Neuschwanstein


Baugeschichte und Ausstattung

  

Das von dem bayerischen König Ludwig II. 1869 begonnene Schloss steht an der Stelle zweier mittelalterlicher Burgen, Vorder- und Hinterhohenschwangau, von denen seinerzeit nur noch Ruinen vorhanden waren. Der Name Schwanstein kommt von der Burg über dem Ort an der Stelle des heutigen Schlosses Hohenschwangau, die in der ersten Hälfte des 19. Jahrhunderts beim Neubau von Hohenschwangau abgebrochen wurde.

Zum Bau einer romantisierenden Burg „im echten Styl der deutschen Ritterburgen“ – so Ludwig II. im Mai 1869 in einem Brief an Richard Wagner – wurde der König nicht nur durch die schon älteren Pläne seine Vaters, sondern vor allem durch den Besuch der Wartburg im Jahre 1867 zusammen mit seinem Bruder Otto. Sie lieferte besonders für das Ritterbad und den Sängersaal die Vorbilder für die Entwürfe. Andere Vorbilder sind in der maurischen Architektur Spaniens und der Sagenwelt der Opern Richard Wagners zu suchen; hier lieferten Eduard Riedel und Christian Jank die Entwürfe.
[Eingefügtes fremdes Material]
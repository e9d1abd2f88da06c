-- ===== src/Engine/Owner/Refetch.antt =====
-- crates/nzbd-engine/src/owner.rs: which of the fetches found after a restart start again.
mod Scenarios
use nzbd.Prelude.{
  ℕ, ◌≡◌, refl, sym, ◌∙◌, ap, subst, inl, inr, ◌⊎◌, Bool, true, false, List, [], ◌∷◌, ◌++◌, Option,
  none, some, arith, All, In, In-append, In-append_left, In-append_right, Bool-cases, Option-cases,
  bytes_eq, bytes_eq-eq, bytes_eq_refl, bytes_eq_comm, if◌then◌else◌,
}
use nzbd.Types.Torrent.{Text}
use nzbd.Types.Job.{JobId}

-- `first_for_url`.
abbrev pub job_for : Text → List (Text × JobId) → Option JobId
job_for url [] = none
job_for url ((u, j) ∷ m) = let rest = job_for url m in if bytes_eq u url then some j else rest

-- The loop of `plan_url_refetches`, with its three collections.
unfoldable pub plan_from :
    List (Text × JobId)
    → List (JobId × Text)
    → List (JobId × JobId)
    → List (JobId × Text)
    → List (JobId × Text) × List (JobId × JobId)
plan_from first refetch duplicates [] = (refetch, duplicates)
plan_from first refetch duplicates ((j, url) ∷ rest) =
    let new = plan_from ((url, j) ∷ first) (refetch ++ (j, url) ∷ []) duplicates rest in
    elim (job_for url first) [
      | none ↦ new
      | some original ↦ plan_from first refetch (duplicates ++ (j, original) ∷ []) rest
    ]

abbrev pub plan_url_refetches : List (JobId × Text) → List (JobId × Text) × List (JobId × JobId)
plan_url_refetches pending = plan_from [] [] [] pending

-- A fetch starts again, or another one of the same address does, of which it is a duplicate.
abbrev pub Planned : List (JobId × Text) × List (JobId × JobId) → JobId × Text → Type 0
Planned plan e =
    In e plan.0 ⊎ ((original : JobId) × In (e.0, original) plan.1 × In (original, e.1) plan.0)

-- No address twice.
abbrev pub OncePerUrl : List (JobId × Text) → Type 0
OncePerUrl [] = Unit
OncePerUrl (e ∷ l) = All (λ (d : JobId × Text). bytes_eq d.1 e.1 ≡ false) l × OncePerUrl l

-- What the map of addresses knows of the fetches planned so far.
record Agrees (first : List (Text × JobId)) (refetch : List (JobId × Text)) : Type 0 where
  known : (u : Text) (o : JobId) → job_for u first ≡ some o → In (o, u) refetch
  unknown :
      (u : Text)
      → job_for u first ≡ none
      → All (λ (d : JobId × Text). bytes_eq d.1 u ≡ false) refetch

All-append :
    {A : Type 0} (P : A → Type 0) (xs : List A) (a : A) → All P xs → P a → All P (xs ++ a ∷ [])
All-append P [] a h p = (p, tt)
All-append P (x ∷ xs) a h p = (h.0, All-append P xs a h.1 p)

append-OncePerUrl :
    (l : List (JobId × Text)) (e : JobId × Text)
    → OncePerUrl l
    → All (λ (d : JobId × Text). bytes_eq d.1 e.1 ≡ false) l
    → OncePerUrl (l ++ e ∷ [])
append-OncePerUrl [] e h k = (tt, tt)
append-OncePerUrl (d ∷ l) e h k =
    (All-append _ l e h.0 (bytes_eq_comm e.1 d.1 ∙ k.0), append-OncePerUrl l e h.1 k.1)

append-Agrees :
    (first : List (Text × JobId)) (refetch : List (JobId × Text)) (j : JobId) (url : Text)
    → Agrees first refetch
    → Agrees ((url, j) ∷ first) (refetch ++ (j, url) ∷ [])
append-Agrees first refetch j url h = record {
  known = λ u o e. elim (Bool-cases (bytes_eq url u)) [
    | inl t ↦
        let e' : some j ≡ some o = rw t at e in
        let same : url ≡ u = bytes_eq-eq url u t in
        In-append_right refetch ((j, url) ∷ []) (o, u) (inl (ground (arith, e', same)))
    | inr f ↦ In-append_left refetch ((j, url) ∷ []) (o, u) (h.known u o (rw f at e))
  ];
  unknown = λ u e. elim (Bool-cases (bytes_eq url u)) [
    | inl t ↦ let e' : some j ≡ none = rw t at e in absurd (ground (arith, e'))
    | inr f ↦
        All-append (λ (d : JobId × Text). bytes_eq d.1 u ≡ false) refetch (j, url)
          (h.unknown u (rw f at e)) f
  ];
}

-- What the rest of the loop makes of the collections.
record Rest (refetch : List (JobId × Text)) (duplicates : List (JobId × JobId))
    (pending : List (JobId × Text)) (plan : List (JobId × Text) × List (JobId × JobId))
    : Type 0 where
  planned : All (Planned plan) pending
  once : OncePerUrl plan.0
  kept : (e : JobId × Text) → In e refetch → In e plan.0
  kept_duplicates : (d : JobId × JobId) → In d duplicates → In d plan.1
  from_pending : (e : JobId × Text) → In e plan.0 → In e refetch ⊎ In e pending

plan_from-Rest :
    (first : List (Text × JobId)) (refetch : List (JobId × Text))
    (duplicates : List (JobId × JobId)) (pending : List (JobId × Text))
    → Agrees first refetch
    → OncePerUrl refetch
    → Rest refetch duplicates pending (plan_from first refetch duplicates pending)
unfolding plan_from
plan_from-Rest first refetch duplicates [] h o = record {
  planned = tt;
  once = o;
  kept = λ e m. m;
  kept_duplicates = λ d m. m;
  from_pending = λ e m. inl m;
}
plan_from-Rest first refetch duplicates ((j, url) ∷ rest) h o =
    elim (Option-cases (job_for url first)) [
      | inl n ↦
          let r =
            plan_from-Rest ((url, j) ∷ first) (refetch ++ (j, url) ∷ []) duplicates rest
              (append-Agrees first refetch j url h)
              (append-OncePerUrl refetch (j, url) o (h.unknown url n)) in
          rw (n, plan_from)
            (record {
              planned = (
                inl (r.kept (j, url) (In-append_right refetch ((j, url) ∷ []) (j, url) (inl refl))),
                r.planned,
              );
              once = r.once;
              kept = λ e m. r.kept e (In-append_left refetch ((j, url) ∷ []) e m);
              kept_duplicates = r.kept_duplicates;
              from_pending = λ e m. moved e (r.from_pending e m);
            })
      | inr (original, n) ↦
          let r = plan_from-Rest first refetch (duplicates ++ (j, original) ∷ []) rest h o in
          rw (n, plan_from)
            (record {
              planned = (
                inr (
                  original,
                  r.kept_duplicates (j, original)
                      (In-append_right duplicates ((j, original) ∷ []) (j, original) (inl refl)),
                  r.kept (original, url) (h.known url original n),
                ),
                r.planned,
              );
              once = r.once;
              kept = r.kept;
              kept_duplicates =
                  λ d m. r.kept_duplicates d (In-append_left duplicates ((j, original) ∷ []) d m);
              from_pending = λ e m. later e (r.from_pending e m);
            })
    ]
  where
    moved :
        (e : JobId × Text)
        → In e (refetch ++ (j, url) ∷ []) ⊎ In e rest
        → In e refetch ⊎ In e ((j, url) ∷ rest)
    moved e (inr m) = inr (inr m)
    moved e (inl m) = elim (In-append refetch ((j, url) ∷ []) e m) [
      | inl k ↦ inl k
      | inr k ↦ inr (elim k [ inl same ↦ inl same | inr none_left ↦ absurd none_left ])
    ]

    later : (e : JobId × Text) → In e refetch ⊎ In e rest → In e refetch ⊎ In e ((j, url) ∷ rest)
    later e (inl m) = inl m
    later e (inr m) = inr (inr m)

-- After a restart every URL job that was being fetched is accounted for: it is fetched again, or it
-- is a duplicate of a job with the same address that is. No address is fetched twice, and only such
-- jobs are fetched.
pub no_fetch_forgotten :
    (pending : List (JobId × Text))
    → All (Planned (plan_url_refetches pending)) pending
      × OncePerUrl (plan_url_refetches pending).0
      × ((e : JobId × Text) → In e (plan_url_refetches pending).0 → In e pending)
no_fetch_forgotten pending =
    let r =
      plan_from-Rest [] [] [] pending
        (record { known = λ u o e. absurd (nothing u o e); unknown = λ u e. tt }) tt in
    (r.planned, r.once, λ e m. elim (r.from_pending e m) [ inl k ↦ absurd k | inr k ↦ k ])
  where
    nothing : (u : Text) (o : JobId) → none ≡ some o → ⊥
    nothing u o e = absurd (ground (arith, e))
Schloss Neuschwanstein, von Schloss Hohenschwangau aus gesehen
Schloss Neuschwanstein, von Schloss Hohenschwangau aus gesehen

Neuschwanstein ist das letzte Schloss, das Ludwig II. vor seiner Entmündigung 1886 noch selbst in Auftrag gab. Bei seinem Tod im Juni 1886 war hier erst ein Drittel der Räume fertiggestellt. Der König bewohnte bei seinen Aufenthalten das Torhaus, von dem aus er die Bauarbeiten verfolgen konnte.

Obwohl Neuschwanstein als ein ganz privates Refugium geplant war, das der König nicht der Öffentlichkeit geöffnet wissen wollte, wurde es bereits sechs Wochen nach seinem Tod für Besucher geöffnet. Für den Besichtigungsverlauf war es notwendig, einige Arbeiten noch fortzuführen, wie z.B. den Mosaikfußboden im Thronsaal.

Neuschwanstein ist heute ein Touristenmagnet, der in der Hochsaison bis zu 10.000 Besucher am Tag zählt. Durch seinen Charakter als Höhepunkt des romantischen Historismus und Eklektizismus wird es als „Märchenschloss“ vermarktet.

Der Grundstein für den Schlossbau wurde am am 5. September 1869 gelegt. In den Jahren 1869 bis 1873 wurde der Torbau fertiggestellt und vollständig eingerichtet. Die Bauleitung lag bis 1874 bei Eduard Riedl, dem dann Georg von Dollmann folgte. Der 1880 im Rohbau fertiggestellte Palas konnte 1884 bezogen werden. Der König bezog im zweiten Obergeschoss eine komfortable Wohnung, die Bauleitung war im ersten Stock untergebracht. Ludwig II. nahm immer wieder persönlichen Einfluss auf die Pläne, was dazu führte, dass statt eines bescheideneren Arbeitszimmers der große Thronsaal eingebaut wurde und die ursprünglich geplanten Gästezimmer einem – allerdings nicht verwirklichten – „Maurischen Saal“ weichen mussten.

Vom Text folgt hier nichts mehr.